-- What needs to be done --
In the following material, identify every line holding the string "listed" and return it.

-- Supplied information --
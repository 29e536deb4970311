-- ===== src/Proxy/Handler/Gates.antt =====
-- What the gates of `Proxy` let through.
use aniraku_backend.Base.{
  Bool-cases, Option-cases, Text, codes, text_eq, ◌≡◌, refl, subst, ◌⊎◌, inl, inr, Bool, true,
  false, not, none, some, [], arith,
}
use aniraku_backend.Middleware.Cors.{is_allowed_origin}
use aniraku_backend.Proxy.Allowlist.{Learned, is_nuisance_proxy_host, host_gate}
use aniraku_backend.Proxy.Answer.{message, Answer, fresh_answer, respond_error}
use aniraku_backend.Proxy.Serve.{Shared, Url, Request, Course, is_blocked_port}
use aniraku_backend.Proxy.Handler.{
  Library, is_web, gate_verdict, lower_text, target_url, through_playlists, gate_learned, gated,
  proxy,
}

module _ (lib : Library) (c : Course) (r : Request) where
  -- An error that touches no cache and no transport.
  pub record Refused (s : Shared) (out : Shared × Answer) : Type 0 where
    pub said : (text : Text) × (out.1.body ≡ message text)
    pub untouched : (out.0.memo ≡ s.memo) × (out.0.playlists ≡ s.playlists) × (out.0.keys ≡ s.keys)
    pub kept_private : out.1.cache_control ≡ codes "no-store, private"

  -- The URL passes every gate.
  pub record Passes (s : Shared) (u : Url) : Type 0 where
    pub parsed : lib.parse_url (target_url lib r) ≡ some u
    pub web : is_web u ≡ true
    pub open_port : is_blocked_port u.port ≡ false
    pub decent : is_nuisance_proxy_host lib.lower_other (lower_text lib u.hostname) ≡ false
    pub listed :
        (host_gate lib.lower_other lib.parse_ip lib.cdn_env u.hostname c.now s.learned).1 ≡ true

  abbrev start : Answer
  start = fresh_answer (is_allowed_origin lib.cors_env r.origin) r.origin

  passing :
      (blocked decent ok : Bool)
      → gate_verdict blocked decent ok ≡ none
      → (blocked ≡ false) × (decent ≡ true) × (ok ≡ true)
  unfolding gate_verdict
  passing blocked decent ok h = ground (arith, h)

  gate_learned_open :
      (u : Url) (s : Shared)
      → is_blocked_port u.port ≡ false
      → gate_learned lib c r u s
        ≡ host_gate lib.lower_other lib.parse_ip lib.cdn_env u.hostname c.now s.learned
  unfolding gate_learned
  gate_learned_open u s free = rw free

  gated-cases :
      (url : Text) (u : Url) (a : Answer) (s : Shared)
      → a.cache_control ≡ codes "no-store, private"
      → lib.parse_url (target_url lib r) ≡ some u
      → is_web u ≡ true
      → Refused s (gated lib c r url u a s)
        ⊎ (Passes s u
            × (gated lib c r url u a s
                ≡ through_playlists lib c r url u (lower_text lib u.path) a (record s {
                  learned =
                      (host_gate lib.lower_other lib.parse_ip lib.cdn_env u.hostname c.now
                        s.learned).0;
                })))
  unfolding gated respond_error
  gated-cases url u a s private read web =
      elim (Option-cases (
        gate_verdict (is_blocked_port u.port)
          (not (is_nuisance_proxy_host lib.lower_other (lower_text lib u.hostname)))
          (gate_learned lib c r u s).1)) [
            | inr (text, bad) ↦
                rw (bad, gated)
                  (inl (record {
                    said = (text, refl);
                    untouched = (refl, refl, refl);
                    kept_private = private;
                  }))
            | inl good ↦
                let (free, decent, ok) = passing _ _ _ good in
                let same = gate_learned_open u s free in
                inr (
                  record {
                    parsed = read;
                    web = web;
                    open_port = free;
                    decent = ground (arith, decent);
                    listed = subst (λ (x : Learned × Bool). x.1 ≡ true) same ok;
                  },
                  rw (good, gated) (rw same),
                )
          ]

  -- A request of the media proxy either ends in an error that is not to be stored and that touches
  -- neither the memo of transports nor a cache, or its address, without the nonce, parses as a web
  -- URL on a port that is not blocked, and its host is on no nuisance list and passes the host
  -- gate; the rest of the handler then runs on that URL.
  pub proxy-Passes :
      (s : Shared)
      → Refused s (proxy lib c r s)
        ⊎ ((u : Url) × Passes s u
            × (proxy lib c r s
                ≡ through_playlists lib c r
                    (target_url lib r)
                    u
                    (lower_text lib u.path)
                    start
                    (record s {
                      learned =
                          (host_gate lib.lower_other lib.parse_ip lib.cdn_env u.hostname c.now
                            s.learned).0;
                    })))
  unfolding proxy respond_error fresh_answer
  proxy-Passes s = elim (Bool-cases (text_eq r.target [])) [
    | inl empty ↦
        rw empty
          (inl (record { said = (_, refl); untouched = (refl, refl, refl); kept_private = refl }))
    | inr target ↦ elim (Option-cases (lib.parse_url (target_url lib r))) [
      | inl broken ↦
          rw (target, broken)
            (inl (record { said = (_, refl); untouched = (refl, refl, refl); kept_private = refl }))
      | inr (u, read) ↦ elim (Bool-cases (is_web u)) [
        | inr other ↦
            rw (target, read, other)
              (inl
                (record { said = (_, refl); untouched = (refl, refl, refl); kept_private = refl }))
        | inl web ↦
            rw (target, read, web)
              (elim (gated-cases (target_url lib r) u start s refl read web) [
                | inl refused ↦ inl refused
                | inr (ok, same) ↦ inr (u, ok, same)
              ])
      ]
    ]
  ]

-- Your response --
    pub listed :
                    listed = subst (λ (x : Learned × Bool). x.1 ≡ true) same ok;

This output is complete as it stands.